Was bedeutet denn, dass die Datei beschädigt wird? Hast du mal die checksummen geprüft? Woran erkennst du das?

----------

## sambatasse

es müste sich um einen ie download handeln esweden buchungen exportiert noch lokal auf den client damit diese dann in bankprogrammen verwendet werden können.

die datei ist kapput da sie nicht verwendet werden kann, checken kann ick leider nich, is ja alles streg geheim und mann darf nirgend hinkucken.

im diesen konkretenfall ist die datei ganz 45kb gross das klappt überall anders.

bei mir im netz ist na spätestenz 39kb schluss und so die datei müll.

----------

## dakjo

Du musst schon etwas konkreter werden. In sachen wie ist der tunnel aufgebaut, welche Systeme sind auf beiden Seite etc.

----------

## TheCurse

Nur weil die Datei nicht verwendbar ist heißt das für mich ja noch nicht, dass die Übertragung irgendwie schief gegangen ist. Was ist mit der Originaldatei? MD5SUM überprüft?

----------

## sambatasse

ich kann leider nirgends eingreifen und was checken will die firma nicht 

wenns überall anders leuft

kennt nimand ein derartiges problemm bzw könnt sich eine fehlerquele vorstellen

----------

## think4urs11

Naja, anhand deiner bisherigen Beschreibung des Problems kann das so ziemlich alles sein.
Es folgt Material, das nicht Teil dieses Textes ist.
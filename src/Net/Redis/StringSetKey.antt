-- ===== src/Net/Redis/StringSetKey.antt =====
-- afl/net/redis/stringsetkey.cpp: a key that holds a set of strings.
use afl.Base.{List, [], ◌∷◌, Bool}
use afl.Base.Str.{Str, bytes}
use afl.Data.Value.{string}
use afl.Data.Access.{to_string_list}
use afl.Net.Handler.{CommandHandler, Calls, call_string, call_bool, finish}

module _ {S : Type 0} (ch : CommandHandler S) (name : Str) where
  abbrev pub add : Str → Calls S Bool
  add value = call_bool ch (string (bytes "SADD") ∷ string name ∷ string value ∷ [])

  abbrev pub remove : Str → Calls S Bool
  remove value = call_bool ch (string (bytes "SREM") ∷ string name ∷ string value ∷ [])

  abbrev pub extract_random : Calls S Str
  extract_random = call_string ch (string (bytes "SPOP") ∷ string name ∷ [])

  abbrev pub get_random : Calls S Str
  get_random = call_string ch (string (bytes "SRANDMEMBER") ∷ string name ∷ [])

  -- `other` is the name of the other key.
  abbrev pub move_to : Str → Str → Calls S Bool
  move_to value other =
      call_bool ch (string (bytes "SMOVE") ∷ string name ∷ string other ∷ string value ∷ [])

  abbrev pub contains : Str → Calls S Bool
  contains value = call_bool ch (string (bytes "SISMEMBER") ∷ string name ∷ string value ∷ [])

  abbrev pub copy_to : Str → Calls S (Unit {0})
  copy_to other = ch.call_void (string (bytes "SINTERSTORE") ∷ string other ∷ string name ∷ [])

  -- `getAll`; the list that is given starts empty.
  abbrev pub get_all : Calls S (List Str)
  get_all = finish (ch.call (string (bytes "SMEMBERS") ∷ string name ∷ [])) to_string_list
Kannst du den Windowsclient als Fehlerquelle ausschließen?

Wozu überhaupt dieses Konstrukt 'HTML durch SSH-Tunnel'?

Normalerweise macht man sowas doch eher mit https bzw. allgemeiner SSL, ggf. mit Clientzertifikaten.

Ein paar mehr konkrete Informationen zum Setup würden helfen überhaupt erstmal das genaue Problem zu verstehen.

----------

## sambatasse

der ssh client is putty mit einer batch gestartet

ick finde das alles mega komisch aber ist halt deren buchhaltungssystem spezel auf sie zugeschnitten

naja würde meinen da konnte ne firma gut verkaufen 

weils ja alles datenschutz ist kann und darf ick nirgend so richtig reinkucken

bzw die firma wenn mann mich fragt hatt angst das rauskommt für was sie kassieren als "ihre personlich zugeschnittene entwicklung"
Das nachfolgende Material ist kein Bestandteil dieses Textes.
-- ===== src/Net/Redis/Spec/Sets.antt =====
-- String sets: members come and go one at a time.
use afl.Base.{ℕ, ◌≡◌, refl, ◌∙◌, none, some, [], ◌∷◌, not, ◌&&◌, ◌||◌, arith, if◌then◌else◌}
use afl.Base.Int.{pos}
use afl.Base.Str.{Str, bytes, str_eq}
use afl.Except.{ok}
use afl.Container.Map
use afl.Container.Map.{StrSet}
use afl.Text.Char.{str_ucase}
use afl.Data.Value.{Value, integer}
use afl.Data.Access.{to_string, to_integer}
use afl.Redis.Store.{Entry, Db, as_set, ◌>>=◌, ◌>>◌, eat_string, pure, store, when, remove}
use afl.Redis.Hashes.{is_empty}
use afl.Redis.Sets.{add, sadd, sadd_loop, srem, srem_loop, sismember}
use afl.Redis.Database.{call, execute, guarded}
use afl.Redis.Laws.{
  get_found, get_missing, create_found, create_new, find-insert_self, find-erase_self,
}
use afl.Redis.Spec.{command}
use afl.Redis.Spec.Sets.{contains-add}
use afl.Net.Handler.{optional_int}
use afl.Net.Redis.StringSetKey
use afl.Net.Redis.Spec.{database}

-- What stands at a key that holds a set, or nothing, is that set, or the empty one.
pub data HoldsSet (k : Str) (d : Db) : StrSet → Type 0 where
  absent : Map.find k d ≡ none → HoldsSet k d []
  present : (s : StrSet) → Map.find k d ≡ some (Entry.set s) → HoldsSet k d s

call-sismember :
    (roll : ℕ) (k x : Str) (s : StrSet) (d : Db)
    → HoldsSet k d s
    → call roll (command "SISMEMBER" (k ∷ x ∷ [])) d
      ≡ (ok (integer (if Map.contains x s then pos 1 else pos 0)), d)
unfolding call execute str_ucase str_eq sismember ◌>>=◌ eat_string pure to_string Map.find
call-sismember roll k x s d (absent h) = rw (get_missing as_set k d h, ◌>>=◌) refl
call-sismember roll k x s d (present _ h) = rw (get_found as_set k d _ s h refl, ◌>>=◌) refl

contains-eq :
    (r : ℕ) (k x : Str) (s : StrSet) (d : Db)
    → HoldsSet k d s
    → StringSetKey.contains (database r) k x d ≡ (ok (Map.contains x s), d)
unfolding optional_int to_integer
contains-eq r k x s d h = rw (call-sismember r k x s d h) (ground arith)

-- The set that `put` leaves at the key.
abbrev pub after_add : Str → Str → StrSet → Db → Db
after_add k x s d = Map.insert k (Entry.set (add x s)) d

abbrev pub created : {k : Str} {d : Db} {s : StrSet} → HoldsSet k d s → Db
created {k} {d} (absent h) = Map.insert k (Entry.set []) d
created {k} {d} (present s h) = d

call-sadd :
    (roll : ℕ) (k x : Str) (s : StrSet) (d : Db) (h : HoldsSet k d s)
    → call roll (command "SADD" (k ∷ x ∷ [])) d
      ≡ (ok (integer (pos (if Map.contains x s then 0 else 1))), after_add k x s (created h))
unfolding call execute str_ucase str_eq sadd sadd_loop ◌>>=◌ eat_string pure to_string store
call-sadd roll k x s d (absent h) = rw (create_new as_set k d Entry.set [] h, ◌>>=◌) refl
call-sadd roll k x s d (present _ h) =
    rw (create_found as_set k d Entry.set [] _ s h refl, ◌>>=◌) refl

-- `add` returns whether the string was new to the set, which may be missing before, and then `contains`
-- finds that string and those that were there.
pub add-contains :
    (r : ℕ) (k x y : Str) (s : StrSet) (d : Db)
    → HoldsSet k d s
    → let ch = database r in
      let (added, d') = StringSetKey.add ch k x d in
      (added ≡ ok (not (Map.contains x s)))
      × (StringSetKey.contains ch k y d' ≡ (ok (str_eq y x || Map.contains y s), d'))
unfolding optional_int to_integer
add-contains r k x y s d h = rw (call-sadd r k x s d h) (
  ground arith,
  contains-eq r k y (add x s) _ (present (add x s) (find-insert_self k _ _))
      ∙ rw (contains-add y x s) refl,
)

-- The data after SREM of one string.
abbrev pub after_remove : Str → StrSet → Db → Db
after_remove k s d =
    if is_empty s then Map.erase k (Map.insert k (Entry.set s) d) else Map.insert k (Entry.set s) d

srem_end :
    (k : Str) (s : StrSet) (v : Value) (d : Db)
    → guarded (bytes "SREM") (when (is_empty s) (remove k) >> pure v) (Map.insert k (Entry.set s) d)
      ≡ (ok v, after_remove k s d)
unfolding when remove pure ◌>>=◌
srem_end k [] v d = refl
srem_end k (x ∷ s) v d = refl

call-srem :
    (roll : ℕ) (k x : Str) (s : StrSet) (d : Db)
    → Map.find k d ≡ some (Entry.set s)
    → call roll (command "SREM" (k ∷ x ∷ [])) d
      ≡ (ok (integer (pos (if Map.contains x s then 1 else 0))), after_remove k (Map.erase x s) d)
unfolding call execute str_ucase str_eq srem srem_loop ◌>>=◌ eat_string pure to_string store when
    remove
call-srem roll k x s d h =
    rw (get_found as_set k d _ s h refl, ◌>>=◌) (srem_end k (Map.erase x s) _ d)

after_remove-HoldsSet : (k : Str) (s : StrSet) (d : Db) → HoldsSet k (after_remove k s d) s
after_remove-HoldsSet k [] d = absent (find-erase_self k _)
after_remove-HoldsSet k (x ∷ s) d = present (x ∷ s) (find-insert_self k _ d)

call-srem_missing :
    (roll : ℕ) (k x : Str) (d : Db)
    → Map.find k d ≡ none
    → call roll (command "SREM" (k ∷ x ∷ [])) d ≡ (ok (integer (pos 0)), d)
unfolding call execute str_ucase str_eq srem ◌>>=◌ eat_string pure to_string
call-srem_missing roll k x d h = rw (get_missing as_set k d h, ◌>>=◌) refl

-- `remove` returns whether the string was in the set, and then `contains` finds the others that were
-- there, also where the last one has gone and the key with it.
pub remove-contains :
    (r : ℕ) (k x y : Str) (s : StrSet) (d : Db)
    → HoldsSet k d s
    → let ch = database r in
      let (removed, d') = StringSetKey.remove ch k x d in
      (removed ≡ ok (Map.contains x s))
      × (StringSetKey.contains ch k y d' ≡ (ok (not (str_eq y x) && Map.contains y s), d'))
unfolding optional_int to_integer Map.find
remove-contains r k x y s d (absent h) =
    rw (call-srem_missing r k x d h) (refl, contains-eq r k y [] d (absent h) ∙ ground arith)
remove-contains r k x y s d (present _ h) = rw (call-srem r k x s d h) (
  ground arith,
  contains-eq r k y (Map.erase x s) _ (after_remove-HoldsSet k (Map.erase x s) d)
      ∙ ground (arith, Map.find-erase x y s),
)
aber mal anders es geht ja vom client tunnel bis zum server 

einmischen kann sich da ja nimand ?

ick habe mitlerweile auch nen snmp server am laufen der alles überwacht der meldet aber nix

----------

## think4urs11

und wo genau kommt da dann jetzt Gentoo bzw. Linux ganz allgemein ins Spiel?

So wie ich das sehe ist das bisher ein rein Windows spezifisches Gebastel.

Was sagt den der Hersteller dieser 'Lösung' woran es liegen könnte?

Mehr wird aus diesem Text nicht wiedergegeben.